=== Begin Enclosure ===
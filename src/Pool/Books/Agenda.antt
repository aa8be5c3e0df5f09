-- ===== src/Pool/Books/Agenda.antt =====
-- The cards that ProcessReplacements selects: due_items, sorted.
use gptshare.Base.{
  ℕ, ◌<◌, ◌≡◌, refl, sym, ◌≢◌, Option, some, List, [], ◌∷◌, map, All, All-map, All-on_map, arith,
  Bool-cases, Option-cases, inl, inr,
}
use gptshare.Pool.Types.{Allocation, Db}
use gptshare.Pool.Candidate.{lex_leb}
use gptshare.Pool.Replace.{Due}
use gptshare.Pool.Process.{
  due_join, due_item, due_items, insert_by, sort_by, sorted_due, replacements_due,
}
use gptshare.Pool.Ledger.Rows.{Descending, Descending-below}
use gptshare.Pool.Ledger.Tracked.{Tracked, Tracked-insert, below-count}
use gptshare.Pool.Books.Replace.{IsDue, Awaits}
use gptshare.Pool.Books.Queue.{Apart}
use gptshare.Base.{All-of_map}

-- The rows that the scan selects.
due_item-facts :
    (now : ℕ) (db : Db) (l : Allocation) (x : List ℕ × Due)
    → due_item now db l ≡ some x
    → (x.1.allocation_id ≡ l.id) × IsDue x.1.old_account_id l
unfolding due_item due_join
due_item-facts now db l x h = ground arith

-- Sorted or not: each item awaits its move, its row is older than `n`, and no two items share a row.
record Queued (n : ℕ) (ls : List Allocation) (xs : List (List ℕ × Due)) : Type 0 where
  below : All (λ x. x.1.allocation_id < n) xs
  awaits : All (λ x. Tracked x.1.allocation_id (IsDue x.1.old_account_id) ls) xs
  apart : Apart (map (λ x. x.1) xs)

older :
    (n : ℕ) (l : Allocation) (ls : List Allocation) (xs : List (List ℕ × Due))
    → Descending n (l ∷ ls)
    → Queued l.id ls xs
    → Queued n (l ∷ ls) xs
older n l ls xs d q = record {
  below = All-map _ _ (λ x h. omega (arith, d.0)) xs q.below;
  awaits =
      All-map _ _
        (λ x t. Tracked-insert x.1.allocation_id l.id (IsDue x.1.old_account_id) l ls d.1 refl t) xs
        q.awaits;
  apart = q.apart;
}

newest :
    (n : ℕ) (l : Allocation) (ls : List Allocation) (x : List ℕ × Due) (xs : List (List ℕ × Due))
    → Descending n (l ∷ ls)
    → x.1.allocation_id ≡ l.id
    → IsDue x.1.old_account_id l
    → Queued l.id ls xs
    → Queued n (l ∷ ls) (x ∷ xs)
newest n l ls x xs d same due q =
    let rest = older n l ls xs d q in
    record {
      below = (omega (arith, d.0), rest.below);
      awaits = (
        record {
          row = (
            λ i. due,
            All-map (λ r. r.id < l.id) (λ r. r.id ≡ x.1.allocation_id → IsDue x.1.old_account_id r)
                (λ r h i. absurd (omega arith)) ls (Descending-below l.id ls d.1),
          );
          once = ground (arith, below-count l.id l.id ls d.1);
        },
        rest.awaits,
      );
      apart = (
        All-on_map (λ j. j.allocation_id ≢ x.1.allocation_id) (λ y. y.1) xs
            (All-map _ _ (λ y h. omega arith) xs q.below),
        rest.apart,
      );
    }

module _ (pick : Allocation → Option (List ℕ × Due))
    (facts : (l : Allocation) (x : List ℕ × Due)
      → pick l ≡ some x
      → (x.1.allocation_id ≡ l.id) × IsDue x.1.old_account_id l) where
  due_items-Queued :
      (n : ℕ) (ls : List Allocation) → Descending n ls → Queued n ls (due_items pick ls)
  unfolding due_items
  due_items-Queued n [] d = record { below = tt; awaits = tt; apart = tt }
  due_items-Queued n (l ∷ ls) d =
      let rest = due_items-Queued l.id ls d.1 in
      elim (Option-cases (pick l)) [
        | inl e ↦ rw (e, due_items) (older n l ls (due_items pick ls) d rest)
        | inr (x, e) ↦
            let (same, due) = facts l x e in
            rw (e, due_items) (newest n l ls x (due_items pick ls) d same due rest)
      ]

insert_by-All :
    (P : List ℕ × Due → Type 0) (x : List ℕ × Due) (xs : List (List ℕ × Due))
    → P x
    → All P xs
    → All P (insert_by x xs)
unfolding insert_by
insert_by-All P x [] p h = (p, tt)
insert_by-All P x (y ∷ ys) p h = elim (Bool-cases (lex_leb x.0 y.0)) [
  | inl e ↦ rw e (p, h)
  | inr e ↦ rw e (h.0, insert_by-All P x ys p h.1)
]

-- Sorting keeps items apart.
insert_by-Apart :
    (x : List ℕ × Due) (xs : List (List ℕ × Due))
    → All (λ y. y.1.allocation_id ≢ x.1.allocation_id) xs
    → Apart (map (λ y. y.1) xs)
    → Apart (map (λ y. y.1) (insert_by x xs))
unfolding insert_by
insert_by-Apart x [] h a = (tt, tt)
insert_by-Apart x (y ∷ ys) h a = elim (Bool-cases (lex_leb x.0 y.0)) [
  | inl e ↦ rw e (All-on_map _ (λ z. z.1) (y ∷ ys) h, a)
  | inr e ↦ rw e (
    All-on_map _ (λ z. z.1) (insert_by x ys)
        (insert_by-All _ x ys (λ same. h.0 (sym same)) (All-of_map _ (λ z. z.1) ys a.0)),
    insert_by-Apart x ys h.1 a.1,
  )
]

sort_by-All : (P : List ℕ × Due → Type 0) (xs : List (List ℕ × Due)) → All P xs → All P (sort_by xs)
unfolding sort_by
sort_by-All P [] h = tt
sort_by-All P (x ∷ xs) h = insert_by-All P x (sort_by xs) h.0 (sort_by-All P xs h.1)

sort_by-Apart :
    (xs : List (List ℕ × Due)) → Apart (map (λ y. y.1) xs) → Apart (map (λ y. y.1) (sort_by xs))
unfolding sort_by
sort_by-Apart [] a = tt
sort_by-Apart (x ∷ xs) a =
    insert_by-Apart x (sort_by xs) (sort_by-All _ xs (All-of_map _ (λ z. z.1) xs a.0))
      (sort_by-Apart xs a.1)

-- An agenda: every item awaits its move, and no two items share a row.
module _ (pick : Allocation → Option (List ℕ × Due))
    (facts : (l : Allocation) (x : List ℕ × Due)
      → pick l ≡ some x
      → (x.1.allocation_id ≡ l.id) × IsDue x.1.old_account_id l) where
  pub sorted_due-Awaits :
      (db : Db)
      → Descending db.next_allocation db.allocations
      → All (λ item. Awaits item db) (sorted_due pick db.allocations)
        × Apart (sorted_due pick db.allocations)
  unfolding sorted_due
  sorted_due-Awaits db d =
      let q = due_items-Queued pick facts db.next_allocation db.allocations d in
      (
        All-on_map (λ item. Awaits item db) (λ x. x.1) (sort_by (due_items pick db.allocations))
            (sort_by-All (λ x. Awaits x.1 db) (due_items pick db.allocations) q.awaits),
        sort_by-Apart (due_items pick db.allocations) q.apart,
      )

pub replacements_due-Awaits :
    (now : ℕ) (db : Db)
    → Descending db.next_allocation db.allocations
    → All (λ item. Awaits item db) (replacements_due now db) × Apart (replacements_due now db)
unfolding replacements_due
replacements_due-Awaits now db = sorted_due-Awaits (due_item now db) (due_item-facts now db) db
=== End Enclosure ===
=== Begin Enclosure ===
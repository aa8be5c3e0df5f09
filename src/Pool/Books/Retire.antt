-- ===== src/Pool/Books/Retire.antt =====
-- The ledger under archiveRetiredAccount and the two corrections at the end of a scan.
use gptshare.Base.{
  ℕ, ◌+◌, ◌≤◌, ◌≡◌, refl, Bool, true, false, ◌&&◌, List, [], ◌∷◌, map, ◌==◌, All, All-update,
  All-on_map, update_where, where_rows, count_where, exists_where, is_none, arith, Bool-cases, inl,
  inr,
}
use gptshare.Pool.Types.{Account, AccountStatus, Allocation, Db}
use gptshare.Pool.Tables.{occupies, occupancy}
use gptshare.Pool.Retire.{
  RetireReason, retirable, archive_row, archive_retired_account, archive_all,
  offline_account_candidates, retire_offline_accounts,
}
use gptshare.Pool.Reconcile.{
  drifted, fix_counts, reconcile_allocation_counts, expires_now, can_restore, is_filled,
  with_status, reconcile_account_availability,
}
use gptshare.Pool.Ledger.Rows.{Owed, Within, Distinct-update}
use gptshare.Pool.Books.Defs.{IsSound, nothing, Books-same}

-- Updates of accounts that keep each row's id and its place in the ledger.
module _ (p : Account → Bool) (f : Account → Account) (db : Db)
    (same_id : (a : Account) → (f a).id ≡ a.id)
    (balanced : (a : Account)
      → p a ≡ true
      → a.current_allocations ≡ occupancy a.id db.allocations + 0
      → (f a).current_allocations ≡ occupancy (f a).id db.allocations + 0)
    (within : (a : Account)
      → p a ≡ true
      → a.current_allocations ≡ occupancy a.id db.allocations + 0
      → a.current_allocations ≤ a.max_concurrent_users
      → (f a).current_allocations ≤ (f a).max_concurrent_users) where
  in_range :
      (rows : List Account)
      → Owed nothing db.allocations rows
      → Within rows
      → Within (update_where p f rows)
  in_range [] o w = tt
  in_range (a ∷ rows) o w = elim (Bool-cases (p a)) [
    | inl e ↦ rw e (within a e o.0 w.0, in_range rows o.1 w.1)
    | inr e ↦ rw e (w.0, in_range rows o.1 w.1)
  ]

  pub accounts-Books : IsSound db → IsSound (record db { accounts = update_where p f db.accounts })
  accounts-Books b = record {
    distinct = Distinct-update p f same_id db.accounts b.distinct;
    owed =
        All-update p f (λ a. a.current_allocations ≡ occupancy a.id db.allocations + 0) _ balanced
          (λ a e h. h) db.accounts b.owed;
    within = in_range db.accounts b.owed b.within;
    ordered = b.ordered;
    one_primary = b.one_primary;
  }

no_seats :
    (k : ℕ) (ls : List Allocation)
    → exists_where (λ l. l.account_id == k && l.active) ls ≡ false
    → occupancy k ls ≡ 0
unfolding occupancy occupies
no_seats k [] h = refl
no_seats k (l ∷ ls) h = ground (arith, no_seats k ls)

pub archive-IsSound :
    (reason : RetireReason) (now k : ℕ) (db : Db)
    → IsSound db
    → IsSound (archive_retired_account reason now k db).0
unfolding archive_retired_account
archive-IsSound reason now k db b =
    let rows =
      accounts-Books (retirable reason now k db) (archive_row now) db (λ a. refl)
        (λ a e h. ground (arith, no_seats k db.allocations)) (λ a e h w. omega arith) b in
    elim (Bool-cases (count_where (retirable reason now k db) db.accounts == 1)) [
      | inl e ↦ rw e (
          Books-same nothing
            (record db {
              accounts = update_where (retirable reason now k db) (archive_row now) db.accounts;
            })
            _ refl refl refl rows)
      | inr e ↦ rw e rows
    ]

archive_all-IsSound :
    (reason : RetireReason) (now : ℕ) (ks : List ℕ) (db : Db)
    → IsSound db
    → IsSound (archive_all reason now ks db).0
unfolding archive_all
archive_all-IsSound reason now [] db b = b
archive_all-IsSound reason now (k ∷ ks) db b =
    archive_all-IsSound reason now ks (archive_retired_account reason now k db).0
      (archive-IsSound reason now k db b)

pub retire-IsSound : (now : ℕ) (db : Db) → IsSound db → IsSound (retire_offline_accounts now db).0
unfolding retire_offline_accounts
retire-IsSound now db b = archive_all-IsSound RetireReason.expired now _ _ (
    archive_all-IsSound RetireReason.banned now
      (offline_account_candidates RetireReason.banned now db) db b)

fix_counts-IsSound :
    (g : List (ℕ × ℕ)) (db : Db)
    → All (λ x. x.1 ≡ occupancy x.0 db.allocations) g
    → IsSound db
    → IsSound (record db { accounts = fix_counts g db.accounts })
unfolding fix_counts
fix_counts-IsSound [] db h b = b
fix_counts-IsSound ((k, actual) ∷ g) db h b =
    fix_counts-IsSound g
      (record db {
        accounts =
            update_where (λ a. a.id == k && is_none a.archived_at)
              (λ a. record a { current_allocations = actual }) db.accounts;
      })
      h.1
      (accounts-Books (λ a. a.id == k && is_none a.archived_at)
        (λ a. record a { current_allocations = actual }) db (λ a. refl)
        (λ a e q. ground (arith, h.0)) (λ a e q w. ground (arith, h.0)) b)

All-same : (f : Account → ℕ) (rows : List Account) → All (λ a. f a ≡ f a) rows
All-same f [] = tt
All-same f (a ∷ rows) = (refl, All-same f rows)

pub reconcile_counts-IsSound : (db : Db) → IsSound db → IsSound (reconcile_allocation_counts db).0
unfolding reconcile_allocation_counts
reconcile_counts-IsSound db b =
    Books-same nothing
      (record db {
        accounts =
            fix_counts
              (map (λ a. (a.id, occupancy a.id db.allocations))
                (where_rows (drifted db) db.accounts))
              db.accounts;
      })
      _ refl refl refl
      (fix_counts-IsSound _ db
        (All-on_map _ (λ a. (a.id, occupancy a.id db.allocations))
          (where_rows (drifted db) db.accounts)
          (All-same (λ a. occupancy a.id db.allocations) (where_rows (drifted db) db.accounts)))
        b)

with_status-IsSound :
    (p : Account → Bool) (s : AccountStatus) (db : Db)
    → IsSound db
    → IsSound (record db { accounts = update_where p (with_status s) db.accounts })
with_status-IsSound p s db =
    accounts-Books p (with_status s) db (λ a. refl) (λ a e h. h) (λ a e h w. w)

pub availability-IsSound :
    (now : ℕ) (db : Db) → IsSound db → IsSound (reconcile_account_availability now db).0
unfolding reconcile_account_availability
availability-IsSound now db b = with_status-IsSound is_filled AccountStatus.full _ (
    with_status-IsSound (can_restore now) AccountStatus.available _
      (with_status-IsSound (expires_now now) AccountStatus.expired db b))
=== End Enclosure ===
=== Begin Enclosure ===
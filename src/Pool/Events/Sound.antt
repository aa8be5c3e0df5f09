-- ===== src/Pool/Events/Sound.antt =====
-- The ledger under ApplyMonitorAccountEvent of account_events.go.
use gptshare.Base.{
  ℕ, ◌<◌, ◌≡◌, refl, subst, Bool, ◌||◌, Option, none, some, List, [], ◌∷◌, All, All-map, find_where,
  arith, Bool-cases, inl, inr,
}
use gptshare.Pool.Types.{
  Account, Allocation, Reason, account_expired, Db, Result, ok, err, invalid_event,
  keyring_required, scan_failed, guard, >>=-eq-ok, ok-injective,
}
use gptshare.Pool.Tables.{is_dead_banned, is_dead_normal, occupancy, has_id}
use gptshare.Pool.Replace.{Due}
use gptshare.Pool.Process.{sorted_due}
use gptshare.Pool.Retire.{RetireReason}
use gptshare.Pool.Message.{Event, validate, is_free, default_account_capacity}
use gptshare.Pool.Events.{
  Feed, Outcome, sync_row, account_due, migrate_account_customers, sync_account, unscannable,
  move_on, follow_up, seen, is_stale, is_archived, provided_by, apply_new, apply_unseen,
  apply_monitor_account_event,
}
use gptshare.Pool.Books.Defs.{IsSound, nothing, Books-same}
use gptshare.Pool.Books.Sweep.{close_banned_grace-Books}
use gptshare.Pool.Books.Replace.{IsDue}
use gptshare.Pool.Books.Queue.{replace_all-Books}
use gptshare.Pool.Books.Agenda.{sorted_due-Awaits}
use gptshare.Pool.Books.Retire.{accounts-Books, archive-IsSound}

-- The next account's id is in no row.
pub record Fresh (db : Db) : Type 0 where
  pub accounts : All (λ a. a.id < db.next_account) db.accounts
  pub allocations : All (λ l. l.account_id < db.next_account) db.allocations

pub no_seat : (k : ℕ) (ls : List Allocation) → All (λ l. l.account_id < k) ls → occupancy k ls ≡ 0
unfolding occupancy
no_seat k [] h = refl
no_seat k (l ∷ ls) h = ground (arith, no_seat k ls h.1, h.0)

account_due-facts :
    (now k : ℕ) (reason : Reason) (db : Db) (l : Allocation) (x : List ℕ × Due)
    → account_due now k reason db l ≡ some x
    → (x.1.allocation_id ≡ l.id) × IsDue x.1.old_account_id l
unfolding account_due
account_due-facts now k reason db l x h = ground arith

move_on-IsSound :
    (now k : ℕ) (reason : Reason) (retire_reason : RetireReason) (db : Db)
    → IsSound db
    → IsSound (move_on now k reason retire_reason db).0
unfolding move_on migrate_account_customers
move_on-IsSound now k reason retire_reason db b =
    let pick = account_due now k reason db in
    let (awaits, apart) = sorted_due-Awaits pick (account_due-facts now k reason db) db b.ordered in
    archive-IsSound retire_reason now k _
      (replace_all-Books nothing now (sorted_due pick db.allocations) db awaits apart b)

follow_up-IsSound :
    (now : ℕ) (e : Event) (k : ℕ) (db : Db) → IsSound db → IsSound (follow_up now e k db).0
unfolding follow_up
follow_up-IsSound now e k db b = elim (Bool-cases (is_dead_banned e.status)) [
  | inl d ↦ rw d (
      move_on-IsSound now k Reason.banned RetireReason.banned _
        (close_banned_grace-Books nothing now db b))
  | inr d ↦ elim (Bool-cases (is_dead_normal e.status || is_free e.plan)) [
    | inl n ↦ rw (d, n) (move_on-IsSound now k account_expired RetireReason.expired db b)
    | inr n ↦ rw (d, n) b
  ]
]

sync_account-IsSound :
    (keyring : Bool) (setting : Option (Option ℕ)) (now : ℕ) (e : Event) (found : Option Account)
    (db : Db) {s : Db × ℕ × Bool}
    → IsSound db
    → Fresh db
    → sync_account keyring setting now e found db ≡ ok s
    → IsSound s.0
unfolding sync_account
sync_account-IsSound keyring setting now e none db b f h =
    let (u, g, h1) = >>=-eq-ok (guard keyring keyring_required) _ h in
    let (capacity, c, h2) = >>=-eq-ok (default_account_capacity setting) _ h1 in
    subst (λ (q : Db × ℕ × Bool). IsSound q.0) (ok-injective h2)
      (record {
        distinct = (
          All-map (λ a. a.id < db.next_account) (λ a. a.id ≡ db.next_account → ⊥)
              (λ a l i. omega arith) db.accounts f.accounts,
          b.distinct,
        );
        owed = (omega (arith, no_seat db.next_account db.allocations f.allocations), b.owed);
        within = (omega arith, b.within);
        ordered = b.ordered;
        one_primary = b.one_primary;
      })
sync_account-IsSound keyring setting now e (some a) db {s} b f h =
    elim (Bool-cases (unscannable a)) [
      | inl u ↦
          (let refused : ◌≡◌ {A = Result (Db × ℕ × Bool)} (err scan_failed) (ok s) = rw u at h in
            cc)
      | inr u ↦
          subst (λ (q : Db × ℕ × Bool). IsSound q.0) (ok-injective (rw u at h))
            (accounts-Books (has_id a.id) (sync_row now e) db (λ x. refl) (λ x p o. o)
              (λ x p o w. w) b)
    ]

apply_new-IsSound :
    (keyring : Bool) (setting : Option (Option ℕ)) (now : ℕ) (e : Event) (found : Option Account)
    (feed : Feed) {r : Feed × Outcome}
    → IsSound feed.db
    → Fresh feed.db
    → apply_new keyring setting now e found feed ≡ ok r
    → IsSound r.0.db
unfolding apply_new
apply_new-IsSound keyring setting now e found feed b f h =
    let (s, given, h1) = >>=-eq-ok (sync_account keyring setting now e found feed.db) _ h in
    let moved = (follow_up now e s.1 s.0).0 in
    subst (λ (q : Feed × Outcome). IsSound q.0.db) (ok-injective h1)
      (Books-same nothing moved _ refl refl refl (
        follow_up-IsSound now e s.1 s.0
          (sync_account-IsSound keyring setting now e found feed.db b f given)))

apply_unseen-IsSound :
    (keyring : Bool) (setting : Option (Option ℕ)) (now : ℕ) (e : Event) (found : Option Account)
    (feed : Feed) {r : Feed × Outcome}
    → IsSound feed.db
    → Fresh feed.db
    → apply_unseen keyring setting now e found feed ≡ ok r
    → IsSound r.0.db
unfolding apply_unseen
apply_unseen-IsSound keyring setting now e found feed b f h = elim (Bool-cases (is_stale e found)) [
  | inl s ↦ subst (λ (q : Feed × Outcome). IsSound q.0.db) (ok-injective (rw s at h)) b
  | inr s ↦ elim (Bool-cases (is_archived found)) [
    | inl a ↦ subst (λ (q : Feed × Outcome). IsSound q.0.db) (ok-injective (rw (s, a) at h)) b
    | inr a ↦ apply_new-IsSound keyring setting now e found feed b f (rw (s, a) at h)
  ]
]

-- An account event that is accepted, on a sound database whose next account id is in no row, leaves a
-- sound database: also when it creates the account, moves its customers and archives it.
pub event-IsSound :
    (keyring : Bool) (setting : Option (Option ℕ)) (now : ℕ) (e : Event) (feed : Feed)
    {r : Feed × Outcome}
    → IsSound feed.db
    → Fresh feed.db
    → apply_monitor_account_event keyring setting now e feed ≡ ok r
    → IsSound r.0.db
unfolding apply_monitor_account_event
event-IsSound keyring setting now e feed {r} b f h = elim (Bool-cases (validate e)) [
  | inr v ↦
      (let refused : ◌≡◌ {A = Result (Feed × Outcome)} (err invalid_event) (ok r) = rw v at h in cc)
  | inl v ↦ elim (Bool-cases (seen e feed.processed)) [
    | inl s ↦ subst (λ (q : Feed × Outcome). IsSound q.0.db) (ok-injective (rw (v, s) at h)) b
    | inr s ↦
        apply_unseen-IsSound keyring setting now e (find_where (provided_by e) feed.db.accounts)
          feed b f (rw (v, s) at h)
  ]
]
=== End Enclosure ===
TASK: Using the listing above, return all lines where the word "Queued" occurs.

WRITTEN SOLUTION:
record Queued (n : ℕ) (ls : List Allocation) (xs : List (List ℕ × Due)) : Type 0 where
    → Queued l.id ls xs
    → Queued n (l ∷ ls) xs
    → Queued l.id ls xs
    → Queued n (l ∷ ls) (x ∷ xs)
  due_items-Queued :
      (n : ℕ) (ls : List Allocation) → Descending n ls → Queued n ls (due_items pick ls)
  due_items-Queued n [] d = record { below = tt; awaits = tt; apart = tt }
  due_items-Queued n (l ∷ ls) d =
      let rest = due_items-Queued l.id ls d.1 in
      let q = due_items-Queued pick facts db.next_allocation db.allocations d in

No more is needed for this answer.